**WORK TO COMPLETE**
In the entries below, find the line with "abbrev pub put_u8 : Message → ℕ → Message" and print exactly every line from there up to and including the line with "let blank : Message", with no other lines.

Dataset entries
==============================

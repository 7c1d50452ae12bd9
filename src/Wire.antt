-- ===== src/Wire.antt =====
-- guest/compositor/windowwire.c: the messages to and from the host. The bytes of a message are a list, of
-- which `len` is the length; a double is its 64-bit pattern; whether realloc gives memory is a parameter.
pub mod Writer
pub mod Reader
pub mod Layout
pub mod Fields
pub mod Bounds
pub mod RoundTrip
mod Tests
use native_pipe.Base.{
  ℕ, zero, suc, ◌+◌, ◌-◌, ◌*◌, ◌/◌, ◌%◌, ◌^◌, Bool, true, false, not, ◌&&◌, ◌||◌, Option, none,
  some, List, [], ◌∷◌, ◌++◌, ltb, leb, ◌==◌, if◌then◌else◌, is_some, length, take, drop, get_or,
}
use native_pipe.Base.Bytes.{le16, le32, u32_at, from_le16, from_le32}
use native_pipe.Base.Int.{ℤ, pos, negsuc, pos_part, neg_part}

-- `struct np_window_message`
pub record Message : Type 0 where
  pub bytes : List ℕ
  pub cap : ℕ
  pub ok : Bool

abbrev pub size_max : ℕ
size_max = 2 ^ 64 - 1

abbrev pub max_field : ℕ
max_field = 8388608

abbrev pub max_collection : ℕ
max_collection = 4096

abbrev pub guest_to_host : ℕ
guest_to_host = 1

abbrev pub host_to_guest : ℕ
host_to_guest = 2

-- The longest message that reserve allows.
abbrev pub message_max : ℕ
message_max = max_field + 65536

abbrev pub failed : Message → Message
failed m = record m { ok = false }

-- `while (cap < needed)` of reserve; `none` is the overflow.
unfoldable pub double_cap : ℕ → ℕ → ℕ → Option ℕ
double_cap zero cap needed = some cap
double_cap (suc fuel) cap needed =
    let rest = double_cap fuel (cap * 2) needed in
    if not (ltb cap needed) then some cap else if ltb (size_max / 2) cap then none else rest

-- `struct np_window_rect`
pub record Rect : Type 0 where
  pub x : ℤ
  pub y : ℤ
  pub width : ℤ
  pub height : ℤ

-- `struct np_window_float_rect`, each double as its 64-bit pattern.
pub record FloatRect : Type 0 where
  pub x : ℕ
  pub y : ℕ
  pub width : ℕ
  pub height : ℕ

-- `struct np_window_frame`. A field with a `has_` flag, and `codec`, which may be null, is an option.
pub record WindowFrame : Type 0 where
  pub resource_id : ℕ
  pub width : ℤ
  pub height : ℤ
  pub bytes_per_row : ℤ
  pub scale : ℤ
  pub format : ℕ
  pub source : ℕ
  pub bitstream_epoch : ℕ
  pub presentation_id : ℕ
  pub viewport_source : Option FloatRect
  pub viewport_destination : Option (ℤ × ℤ)
  pub window_geometry : Option Rect
  pub codec : Option (List ℕ)
  pub gpu_source_id : Option ℕ
  pub damage : List Rect
  pub presentation_context : Option (ℕ × ℕ × ℕ)
  pub requests_presentation_feedback : Bool

-- `(uint32_t)value` of an int32_t, and back.
abbrev pub u32_of : ℤ → ℕ
u32_of (pos n) = n % 2 ^ 32
u32_of (negsuc n) = 2 ^ 32 - 1 - n % 2 ^ 32

abbrev pub i32_of : ℕ → ℤ
i32_of n = if ltb n (2 ^ 31) then pos n else negsuc (2 ^ 32 - 1 - n)

abbrev pub bit : Bool → ℕ → ℕ
bit b value = if b then value else 0

-- The flags of np_window_put_frame; the bits are distinct, so that `|` is a sum.
unfoldable pub frame_flags : WindowFrame → ℕ
frame_flags f =
    bit (is_some f.viewport_source) 1
    + bit (is_some f.viewport_destination) 2
    + bit (is_some f.window_geometry) 4
    + bit (is_some f.codec) 8
    + bit (is_some f.gpu_source_id) 16
    + bit (is_some f.presentation_context) 32
    + bit f.requests_presentation_feedback 64

-- A field that is put only if it is there.
abbrev pub put_if {ℓ} : {A : Type ℓ} → (Message → A → Message) → Message → Option A → Message
put_if put m none = m
put_if put m (some a) = put m a

module _ (realloc : ℕ → Bool) where
  -- reserve, with its answer. A capacity of at least one passes every allowed size in 64 doublings.
  unfoldable pub reserve : Message → ℕ → Message × Bool
  reserve m count =
      let needed = length m.bytes + count in
      let grown = double_cap 64 (if m.cap == 0 then 128 else m.cap) needed in
      if not m.ok || ltb (size_max - length m.bytes) count
      then (m, false)
      else if ltb message_max needed
      then (failed m, false)
      else if leb needed m.cap
      then (m, true)
      else elim grown [
        | none ↦ (failed m, false)
        | some cap ↦ if realloc cap then (record m { cap = cap }, true) else (failed m, false)
      ]

  unfoldable pub append : Message → List ℕ → Message
  append m bytes =
      let reserved = reserve m (length bytes) in
      if reserved.1 then record (reserved.0) { bytes = reserved.0.bytes ++ bytes } else reserved.0

  abbrev pub put_u8 : Message → ℕ → Message
  put_u8 m value = append m (value ∷ [])

  abbrev pub put_bool : Message → Bool → Message
  put_bool m value = put_u8 m (if value then 1 else 0)

  abbrev pub put_u16 : Message → ℕ → Message
  put_u16 m value = append m (le16 value)

  abbrev pub put_u32 : Message → ℕ → Message
  put_u32 m value = append m (le32 value)

  abbrev pub put_i32 : Message → ℤ → Message
  put_i32 m value = put_u32 m (u32_of value)

  abbrev pub put_u64 : Message → ℕ → Message
  put_u64 m value = put_u32 (put_u32 m (value % 2 ^ 32)) (value / 2 ^ 32 % 2 ^ 32)

  -- np_window_message_init
  unfoldable pub message_init : ℕ → ℕ → Message
  message_init direction opcode =
      let blank : Message = record {
        bytes = [];
        cap = 0;
        ok = (direction == guest_to_host) || (direction == host_to_guest);
      } in
      let magic = append blank (b'N' ∷ b'P' ∷ b'W' ∷ b'2' ∷ []) in
      put_u16 (put_u8 (put_u8 magic direction) opcode) 0

  unfoldable pub put_bytes : Message → List ℕ → Message
  put_bytes m bytes =
      if ltb max_field (length bytes) then failed m else append (put_u32 m (length bytes)) bytes

  -- np_window_put_optional_bytes; `none` is `!present`.
  unfoldable pub put_optional_bytes : Message → Option (List ℕ) → Message
  put_optional_bytes m none = put_u32 m (2 ^ 32 - 1)
  put_optional_bytes m (some bytes) = put_bytes m bytes

  abbrev pub put_rect : Message → Rect → Message
  put_rect m r = put_i32 (put_i32 (put_i32 (put_i32 m r.x) r.y) r.width) r.height

  abbrev pub put_float_rect : Message → FloatRect → Message
  put_float_rect m r = put_u64 (put_u64 (put_u64 (put_u64 m r.x) r.y) r.width) r.height

  abbrev pub put_pair : Message → ℤ × ℤ → Message
  put_pair m p = put_i32 (put_i32 m p.0) p.1

  abbrev pub put_context : Message → ℕ × ℕ × ℕ → Message
  put_context m c = put_u64 (put_u64 (put_u64 m c.0) c.1) c.2

  abbrev pub put_rects : Message → List Rect → Message
  put_rects m [] = m
  put_rects m (r ∷ rs) = put_rects (put_rect m r) rs

  -- The fields of np_window_put_frame that every frame has.
  unfoldable pub put_fixed : Message → WindowFrame → Message
  put_fixed m f =
      let a = put_i32 (put_i32 (put_u32 m f.resource_id) f.width) f.height in
      let b = put_i32 (put_i32 a f.bytes_per_row) f.scale in
      let c = put_u16 (put_u8 (put_u8 b f.format) f.source) f.bitstream_epoch in
      put_u32 (put_u32 (put_u32 c f.presentation_id) (frame_flags f)) (length f.damage)

  -- The fields that a frame may have, in the order of the wire.
  unfoldable pub put_extras : Message → WindowFrame → Message
  put_extras m f =
      let a = put_if put_float_rect m f.viewport_source in
      let b = put_if put_pair a f.viewport_destination in
      let c = put_if put_rect b f.window_geometry in
      let e = put_if put_bytes c f.codec in
      let g = put_if put_u32 e f.gpu_source_id in
      put_if put_context (put_rects g f.damage) f.presentation_context

  unfoldable pub put_frame : Message → WindowFrame → Message
  put_frame m f =
      if ltb max_collection (length f.damage) then failed m else put_extras (put_fixed m f) f

-- `struct np_window_reader`; the bytes before `offset` stay in `bytes`.
pub record WindowReader : Type 0 where
  pub bytes : List ℕ
  pub offset : ℕ
  pub opcode : ℕ
  pub ok : Bool

abbrev pub refused : WindowReader → WindowReader
refused r = record r { ok = false }

-- take of windowwire.c; `none` is NULL.
unfoldable pub take_bytes : WindowReader → ℕ → WindowReader × Option (List ℕ)
take_bytes r count =
    if not r.ok || (ltb (length r.bytes) r.offset || ltb (length r.bytes - r.offset) count)
    then (refused r, none)
    else (record r { offset = r.offset + count }, some (take count (drop r.offset r.bytes)))

-- `memcmp(data, "NPW2", 4) == 0`
abbrev pub has_magic : List ℕ → Bool
has_magic d =
    (get_or d 0 0 == b'N')
    && ((get_or d 1 0 == b'P') && ((get_or d 2 0 == b'W') && (get_or d 3 0 == b'2')))

-- np_window_reader_init, with its answer as `ok` of the reader.
unfoldable pub reader_init : List ℕ → ℕ → WindowReader
reader_init d expected =
    let ok =
      leb 8 (length d)
      && (has_magic d
          && ((get_or d 4 0 == expected) && ((get_or d 6 0 == 0) && (get_or d 7 0 == 0)))) in
    if ok
    then record { bytes = d; offset = 8; opcode = get_or d 5 0; ok = true }
    else record { bytes = d; offset = 0; opcode = 0; ok = false }

-- What a read gives for the bytes taken, or 0.
abbrev pub value_of : (List ℕ → ℕ) → WindowReader × Option (List ℕ) → WindowReader × ℕ
value_of f (r, none) = (r, 0)
value_of f (r, some bytes) = (r, f bytes)

abbrev pub read_u8 : WindowReader → WindowReader × ℕ
read_u8 r = value_of (λ b. get_or b 0 0) (take_bytes r 1)

abbrev pub read_bool : WindowReader → WindowReader × Bool
read_bool r = let read = read_u8 r in (if ltb 1 read.1 then refused read.0 else read.0, read.1 == 1)

abbrev pub read_u16 : WindowReader → WindowReader × ℕ
read_u16 r = value_of (λ b. from_le16 (get_or b 0 0) (get_or b 1 0)) (take_bytes r 2)

abbrev pub read_u32 : WindowReader → WindowReader × ℕ
read_u32 r = value_of (λ b. u32_at b 0) (take_bytes r 4)

abbrev pub read_i32 : WindowReader → WindowReader × ℤ
read_i32 r = let read = read_u32 r in (read.0, i32_of read.1)

abbrev pub read_u64 : WindowReader → WindowReader × ℕ
read_u64 r = let low = read_u32 r in let high = read_u32 low.0 in (high.0, low.1 + high.1 * 2 ^ 32)

-- What np_window_read_bytes answers: `refused_bytes` is false, `absent` is true without bytes.
pub data ReadBytes : Type 0 where
  refused_bytes : ReadBytes
  absent : ReadBytes
  present_bytes : List ℕ → ReadBytes

-- np_window_read_bytes once it has read the count.
unfoldable pub bytes_after : WindowReader → ℕ → Bool → WindowReader × ReadBytes
bytes_after r count optional =
    let taken = take_bytes r count in
    if not r.ok
    then (r, refused_bytes)
    else if optional && (count == 2 ^ 32 - 1)
    then (r, absent)
    else if (count == 2 ^ 32 - 1) || ltb max_field count
    then (refused r, refused_bytes)
    else elim taken.1 [
      | none ↦ (taken.0, refused_bytes)
      | some bytes ↦ (taken.0, present_bytes bytes)
    ]

abbrev pub read_bytes : WindowReader → Bool → WindowReader × ReadBytes
read_bytes r optional = let read = read_u32 r in bytes_after (read.0) read.1 optional

abbrev pub has_nul : List ℕ → Bool
has_nul [] = false
has_nul (b ∷ bs) = (b == 0) || has_nul bs

-- np_window_read_string with its malloc.
unfoldable pub read_string : Bool → WindowReader → WindowReader × Option (List ℕ)
read_string malloc r =
    let read = read_bytes r false in
    elim read.1 [
      | refused_bytes ↦ (read.0, none)
      | absent ↦ (read.0, none)
      | present_bytes bytes ↦
          if not malloc
          then (refused (read.0), none)
          else if has_nul bytes
          then (refused (read.0), none)
          else (read.0, some bytes)
    ]

-- np_window_reader_finished
unfoldable pub reader_finished : WindowReader → Bool
reader_finished r = r.ok && (r.offset == length r.bytes)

==============================

**YOUR RESPONSE**
  abbrev pub put_u8 : Message → ℕ → Message
  put_u8 m value = append m (value ∷ [])

  abbrev pub put_bool : Message → Bool → Message
  put_bool m value = put_u8 m (if value then 1 else 0)

  abbrev pub put_u16 : Message → ℕ → Message
  put_u16 m value = append m (le16 value)

  abbrev pub put_u32 : Message → ℕ → Message
  put_u32 m value = append m (le32 value)

  abbrev pub put_i32 : Message → ℤ → Message
  put_i32 m value = put_u32 m (u32_of value)

  abbrev pub put_u64 : Message → ℕ → Message
  put_u64 m value = put_u32 (put_u32 m (value % 2 ^ 32)) (value / 2 ^ 32 % 2 ^ 32)

  -- np_window_message_init
  unfoldable pub message_init : ℕ → ℕ → Message
  message_init direction opcode =
      let blank : Message = record {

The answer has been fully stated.